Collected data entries
* * *

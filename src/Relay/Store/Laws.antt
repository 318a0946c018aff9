-- ===== src/Relay/Store/Laws.antt =====
-- What the relay's delivery relies on of a store, and that the in-memory store keeps it.
use nomctl.Prelude.{◌≡◌, refl, Text, text_eq, ok, err, arith, eqb_refl}
use nomctl.Prelude.Dict.{get-put}
use nomctl.Time.{Time}
use nomctl.AlertProto.{State}
use nomctl.Relay.Store.{StoreError, Node, StoreOps}
use nomctl.Relay.Store.Memory.{MemoryStore, key, memory, last_sent, set_last_sent, update_node}

pub record StoreLaws {S : Type 0} (ops : StoreOps S) : Type 0 where
  -- what was recorded is read back
  pub last_sent-set :
      (id alert : Text) (st : State) (at : Time) (s : S)
      → (ops.set_last_sent id alert st at s).0 ≡ ok tt
      → ops.last_sent id alert (ops.set_last_sent id alert st at s).1 ≡ ok (st, at)
  -- a failed record changes no record
  pub set_failed :
      (id alert : Text) (st : State) (at : Time) (s : S) (e : StoreError) (id' alert' : Text)
      → (ops.set_last_sent id alert st at s).0 ≡ err e
      → ops.last_sent id' alert' (ops.set_last_sent id alert st at s).1 ≡ ops.last_sent id' alert' s
  -- an update of a node changes no record
  pub last_sent-update :
      (n : Node) (s : S) (id alert : Text)
      → ops.last_sent id alert (ops.update_node n s).1 ≡ ops.last_sent id alert s

read_back :
    (id alert : Text) (st : State) (at : Time) (m : MemoryStore)
    → last_sent id alert (set_last_sent id alert st at m).1 ≡ ok (st, at)
unfolding last_sent set_last_sent
read_back id alert st at m =
    ground
      (arith, eqb_refl (key id alert), get-put (key id alert) (key id alert) (st, at) m.last_sent)

never_fails :
    (id alert : Text) (st : State) (at : Time) (m : MemoryStore)
    → (set_last_sent id alert st at m).0 ≡ ok tt
unfolding set_last_sent
never_fails id alert st at m = refl

kept :
    (n : Node) (m : MemoryStore) (id alert : Text)
    → last_sent id alert (update_node n m).1 ≡ last_sent id alert m
unfolding last_sent update_node
kept n m id alert = ground arith

-- The in-memory store keeps the laws.
pub memory_laws : StoreLaws memory
memory_laws = record {
  last_sent-set = λ id alert st at m _. read_back id alert st at m;
  set_failed =
      λ id alert st at m e id' alert' h. absurd (ground (arith, never_fails id alert st at m));
  last_sent-update = kept;
}
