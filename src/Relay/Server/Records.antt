-- ===== src/Relay/Server/Records.antt =====
-- What the relay remembers of a delivery, over any store that keeps the laws.
use nomctl.Prelude.{
  ◌+◌, ◌<◌, ◌≡◌, ◌≢◌, refl, sym, ◌∙◌, Bool, true, false, Option, none, some, Text, text_eq,
  format_int, Result, ok, err, ◌==◌, inl, inr, if_cases,
}
use nomctl.Time.{Time}
use nomctl.AlertProto.{State, state_eq, AlertRequest}
use nomctl.Relay.Limiter.{allow}
use nomctl.Relay.Store.{StoreError, Node, StoreOps}
use nomctl.Relay.Store.Laws.{StoreLaws}
use nomctl.Relay.Server.{
  Server, Env, SendError, blocked, failed, DeliverError, chat_blocked, reminder_every,
  format_message, record_error, is_due, send, suppress, after_send, notify_if, notify, record_sent,
  then_record, send_unmuted, deliver_after, deliver,
}
use nomctl.Relay.Server.Delivery.{deliver_known, deliver_quiet}

record_error-none : (r : Result StoreError (Unit {0})) → record_error r ≡ none → r ≡ ok tt
unfolding record_error
record_error-none (ok u) e = refl
record_error-none (err x) e = cc

record_error-some :
    (r : Result StoreError (Unit {0})) (x : DeliverError)
    → record_error r ≡ some x
    → (y : StoreError) × (r ≡ err y)
unfolding record_error
record_error-some (ok u) x e = absurd (cc)
record_error-some (err y) x e = (y, refl)

module _ {S : Type 0} (ops : StoreOps S) (laws : StoreLaws ops) (env : Env) where
  -- The record of what was sent is what it was.
  abbrev pub SameRecords : S → S → Type 0
  SameRecords st st' = (id alert : Text) → ops.last_sent id alert st' ≡ ops.last_sent id alert st

  SameRecords-after_send :
      (node : Node) (e : Option SendError) (s : Server S)
      → SameRecords s.store (after_send ops env node e s).1.store
  unfolding after_send
  SameRecords-after_send node none s id alert = refl
  SameRecords-after_send node (some blocked) s id alert =
      laws.last_sent-update (record node { blocked = true }) s.store id alert
  SameRecords-after_send node (some failed) s id alert = refl

  SameRecords-notify_if :
      (admitted : Bool) (node : Node) (text : Text) (s : Server S)
      → SameRecords s.store (notify_if ops env admitted node text s).1.store
  unfolding notify_if send suppress
  SameRecords-notify_if true node text s = SameRecords-after_send node _ _
  SameRecords-notify_if false node text s = λ id alert. refl

  pub SameRecords-notify :
      (now : Time) (node : Node) (text : Text) (s : Server S)
      → SameRecords s.store (notify ops env now node text s).1.store
  unfolding notify
  SameRecords-notify now node text s =
      let (admitted, limit) = allow now (format_int node.chat_id) s.chat_limit in
      if_cases (λ (r : Option DeliverError × Server S). SameRecords s.store r.1.store) node.blocked
        (some chat_blocked, s) _ (λ _ id alert. refl)
        (λ _. SameRecords-notify_if admitted node text (record s { chat_limit = limit }))

  -- An error keeps the records; no error leaves the record of this alert.
  abbrev Recorded : Time → Node → AlertRequest → S → Option DeliverError × Server S → Type 0
  Recorded now node a st r =
      ((x : DeliverError) → r.0 ≡ some x → SameRecords st r.1.store)
      × (r.0 ≡ none → ops.last_sent node.id a.alert r.1.store ≡ ok (a.state, now))

  Recorded-record_sent :
      (now : Time) (node : Node) (a : AlertRequest) (s : Server S)
      → Recorded now node a s.store (record_sent ops env now node a s)
  unfolding record_sent
  Recorded-record_sent now node a s =
      let r = (ops.set_last_sent node.id a.alert a.state now s.store).0 in
      (
        λ x e id alert.
            let (y, failure) = record_error-some r x e in
            laws.set_failed node.id a.alert a.state now s.store y id alert failure,
        λ e. laws.last_sent-set node.id a.alert a.state now s.store (record_error-none r e),
      )

  Recorded-then_record :
      (now : Time) (node : Node) (a : AlertRequest) (st : S) (r : Option DeliverError × Server S)
      → SameRecords st r.1.store
      → Recorded now node a st (then_record ops env now node a r)
  unfolding then_record
  Recorded-then_record now node a st (none, s) same =
      let (error, done) = Recorded-record_sent now node a s in
      ((λ x e id alert. error x e id alert ∙ same id alert), done)
  Recorded-then_record now node a st (some x, s) same = ((λ y e. same), (λ e. cc))

  Recorded-send_unmuted :
      (now : Time) (node : Node) (a : AlertRequest) (m : Result StoreError Bool) (s : Server S)
      → Recorded now node a s.store (send_unmuted ops env now node a m s)
  unfolding send_unmuted
  Recorded-send_unmuted now node a (err e) s = ((λ x p id alert. refl), (λ p. cc))
  Recorded-send_unmuted now node a (ok true) s = Recorded-record_sent now node a s
  Recorded-send_unmuted now node a (ok false) s =
      Recorded-then_record now node a s.store _
        (SameRecords-notify now node (format_message env node a) s)

  KeepsOnError : S → Option DeliverError × Server S → Type 0
  KeepsOnError st r = (x : DeliverError) → r.0 ≡ some x → SameRecords st r.1.store

  deliver_after_failed :
      (now : Time) (node : Node) (a : AlertRequest) (last : Result StoreError (State × Time))
      (s : Server S)
      → KeepsOnError s.store (deliver_after ops env now node a last s)
  unfolding deliver_after KeepsOnError
  deliver_after_failed now node a (err e) s = λ x p id alert. refl
  deliver_after_failed now node a (ok (st, at)) s =
      if_cases (KeepsOnError s.store) (is_due now a st at) _ (none, s)
        (λ _. (Recorded-send_unmuted now node a (ops.muted node.id a.alert now s.store) s).0)
        (λ _ x p. cc)

  -- Over a store that keeps the laws, a delivery that returns an error leaves every record of what
  -- was sent as it was.
  pub deliver_failed :
      (now : Time) (node : Node) (a : AlertRequest) (s : Server S) (x : DeliverError)
      → (deliver ops env now node a s).0 ≡ some x
      → SameRecords s.store (deliver ops env now node a s).1.store
  unfolding deliver KeepsOnError
  deliver_failed now node a s =
      if_cases (KeepsOnError s.store) (a.state == State.info) _ _
        (λ _ x p. SameRecords-notify now node (format_message env node a) s)
        (λ _. deliver_after_failed now node a (ops.last_sent node.id a.alert s.store) s)

  -- An alert that is due and delivered without an error is recorded with its state and the time.
  pub deliver_recorded :
      (now : Time) (node : Node) (a : AlertRequest) (s : Server S) (st : State) (at : Time)
      → a.state ≢ State.info
      → ops.last_sent node.id a.alert s.store ≡ ok (st, at)
      → is_due now a st at ≡ true
      → (deliver ops env now node a s).0 ≡ none
      → ops.last_sent node.id a.alert (deliver ops env now node a s).1.store ≡ ok (a.state, now)
  deliver_recorded now node a s st at event last due =
      rw (deliver_known ops env now node a s st at event last)
        (rw due (Recorded-send_unmuted now node a (ops.muted node.id a.alert now s.store) s).1)

  -- Over a store that keeps the laws: once an alert that is no event and was due has been delivered
  -- without an error, delivering it again with the same state within ten minutes changes nothing.
  pub deliver_once :
      (now later : Time) (node : Node) (a b : AlertRequest) (s : Server S) (st : State) (at : Time)
      → a.state ≢ State.info
      → ops.last_sent node.id a.alert s.store ≡ ok (st, at)
      → is_due now a st at ≡ true
      → (deliver ops env now node a s).0 ≡ none
      → b.alert ≡ a.alert
      → b.state ≡ a.state
      → later < now + reminder_every
      → deliver ops env later node b (deliver ops env now node a s).1
        ≡ (none, (deliver ops env now node a s).1)
  deliver_once now later node a b s st at event last due done same_alert same_state soon =
      deliver_quiet ops env later node b _ a.state now (λ e. event (sym same_state ∙ e))
        (rw same_alert (deliver_recorded now node a s st at event last due done))
        (inr (inl (same_state, soon)))
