-- ===== src/Relay/Store/Memory/Codes.antt =====
-- Pairing codes of the in-memory store: a code is redeemed once, before it expires, and a chat holds
-- few unused ones.
use nomctl.Prelude.{
  ℕ, ◌+◌, ◌≤◌, ◌<◌, ◌≡◌, refl, ◌↔◌, Bool, true, false, ◌&&◌, Option, none, some, List, [], ◌∷◌,
  Text, text_eq, text_eqb_iff, ◌==◌, int_eq, int_eqb_iff, count_if, arith, ℤ, Result, ok, err,
  if◌then◌else◌,
}
use nomctl.Prelude.Dict.{Dict, values, get, put, get-put}
use nomctl.Time.{Time}
use nomctl.Relay.Store.Memory.{
  CodeRec, MemoryStore, max_codes_per_chat, is_unused, create_code, consume, consume_code,
}

-- What makes a redemption succeed.
abbrev pub Redeemable : Option CodeRec → Time → ℤ → Type 0
Redeemable o now chat =
    (c : CodeRec) × (o ≡ some c) × (c.used ≡ false) × (now < c.expires) × (c.chat_id ≡ chat)

consume→Redeemable :
    (code : Text) (now : Time) (chat : ℤ) (o : Option CodeRec) (m : MemoryStore)
    → (consume code now o m).0 ≡ ok chat
    → Redeemable o now chat
unfolding consume
consume→Redeemable code now chat none m h = cc
consume→Redeemable code now chat (some c) m h = (c, refl, ground arith, ground arith, ground arith)

Redeemable→consume :
    (code : Text) (now : Time) (chat : ℤ) (o : Option CodeRec) (m : MemoryStore)
    → Redeemable o now chat
    → (consume code now o m).0 ≡ ok chat
unfolding consume
Redeemable→consume code now chat o m (c, there, fresh, early, same) = rw there (ground arith)

-- A redemption succeeds exactly for a code that is there, unused and not expired, and gives its chat.
pub consume_code_iff :
    (code : Text) (now : Time) (chat : ℤ) (m : MemoryStore)
    → ((consume_code code now m).0 ≡ ok chat) ↔ Redeemable (get code m.codes) now chat
unfolding consume_code
consume_code_iff code now chat m =
    (consume→Redeemable code now chat _ m, Redeemable→consume code now chat _ m)

abbrev pub is_ok {ℓ κ} : {E : Type ℓ} {A : Type κ} → Result E A → Bool
is_ok (ok _) = true
is_ok (err _) = false

-- How many of the attempts, each a code and the time, redeem the code `k`.
unfoldable pub redeemed : Text → MemoryStore → List (Text × Time) → ℕ
redeemed k m [] = 0
redeemed k m ((code, now) ∷ attempts) =
    let (r, m') = consume_code code now m in
    (if is_ok r && code == k then 1 else 0) + redeemed k m' attempts

abbrev uses_left : Option CodeRec → ℕ
uses_left none = 0
uses_left (some c) = if c.used then 0 else 1

uses_left-consume :
    (k code : Text) (now : Time) (o : Option CodeRec) (m : MemoryStore)
    → get code m.codes ≡ o
    → let (r, m') = consume code now o m in
      (if is_ok r && code == k then 1 else 0) + uses_left (get k m'.codes)
      ≤ uses_left (get k m.codes)
unfolding consume
uses_left-consume k code now none m e = omega arith
uses_left-consume k code now (some c) m e =
    ground (arith, text_eqb_iff code k, get-put code k (record c { used = true }) m.codes)

uses_left-consume_code :
    (k code : Text) (now : Time) (m : MemoryStore)
    → let (r, m') = consume_code code now m in
      (if is_ok r && code == k then 1 else 0) + uses_left (get k m'.codes)
      ≤ uses_left (get k m.codes)
unfolding consume_code
uses_left-consume_code k code now m = uses_left-consume k code now _ m refl

redeemed-le-uses_left :
    (k : Text) (m : MemoryStore) (attempts : List (Text × Time))
    → redeemed k m attempts ≤ uses_left (get k m.codes)
unfolding redeemed
redeemed-le-uses_left k m [] = omega arith
redeemed-le-uses_left k m ((code, now) ∷ attempts) = omega (
  arith,
  uses_left-consume_code k code now m,
  redeemed-le-uses_left k (consume_code code now m).1 attempts,
)

-- Of any attempts to redeem codes, one after the other with no code created in between, in any
-- order and at any times, at most one redeems a given code.
pub redeemed-le_one :
    (k : Text) (m : MemoryStore) (attempts : List (Text × Time)) → redeemed k m attempts ≤ 1
redeemed-le_one k m attempts = ground (arith, redeemed-le-uses_left k m attempts)

-- The unused codes of a chat that have not expired at a time.
abbrev pub unused_codes : Time → ℤ → MemoryStore → ℕ
unused_codes wall chat m = count_if (is_unused wall chat) (values m.codes)

count_if-put :
    (p : CodeRec → Bool) (k : Text) (c : CodeRec) (m : Dict Text CodeRec)
    → count_if p (values (put k c m)) ≤ count_if p (values m) + (if p c then 1 else 0)
unfolding put
count_if-put p k c [] = ground arith
count_if-put p k c ((j, w) ∷ m) = ground (arith, count_if-put p k c m)

-- A chat never gets more than `max_codes_per_chat` unused codes: creating a code, for this chat or
-- another, keeps the bound.
pub unused_codes-create_code :
    (wall expires : Time) (chat other : ℤ) (code : Text) (m : MemoryStore)
    → unused_codes wall chat m ≤ max_codes_per_chat
    → unused_codes wall chat (create_code wall other code expires m).1 ≤ max_codes_per_chat
unfolding create_code
unused_codes-create_code wall expires chat other code m h = ground (
  arith,
  int_eqb_iff other chat,
  count_if-put (is_unused wall chat) code
      (record { chat_id = other; expires = expires; used = false }) m.codes,
)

* * *

Using the entries above, repeat only the lines from the one containing "let r = (ops.set_last_sent" through the one containing "let (error, done)", end lines included.

      let r = (ops.set_last_sent node.id a.alert a.state now s.store).0 in
      (
        λ x e id alert.
            let (y, failure) = record_error-some r x e in
            laws.set_failed node.id a.alert a.state now s.store y id alert failure,
        λ e. laws.last_sent-set node.id a.alert a.state now s.store (record_error-none r e),
      )

  Recorded-then_record :
      (now : Time) (node : Node) (a : AlertRequest) (st : S) (r : Option DeliverError × Server S)
      → SameRecords st r.1.store
      → Recorded now node a st (then_record ops env now node a r)
  unfolding then_record
  Recorded-then_record now node a st (none, s) same =
      let (error, done) = Recorded-record_sent now node a s in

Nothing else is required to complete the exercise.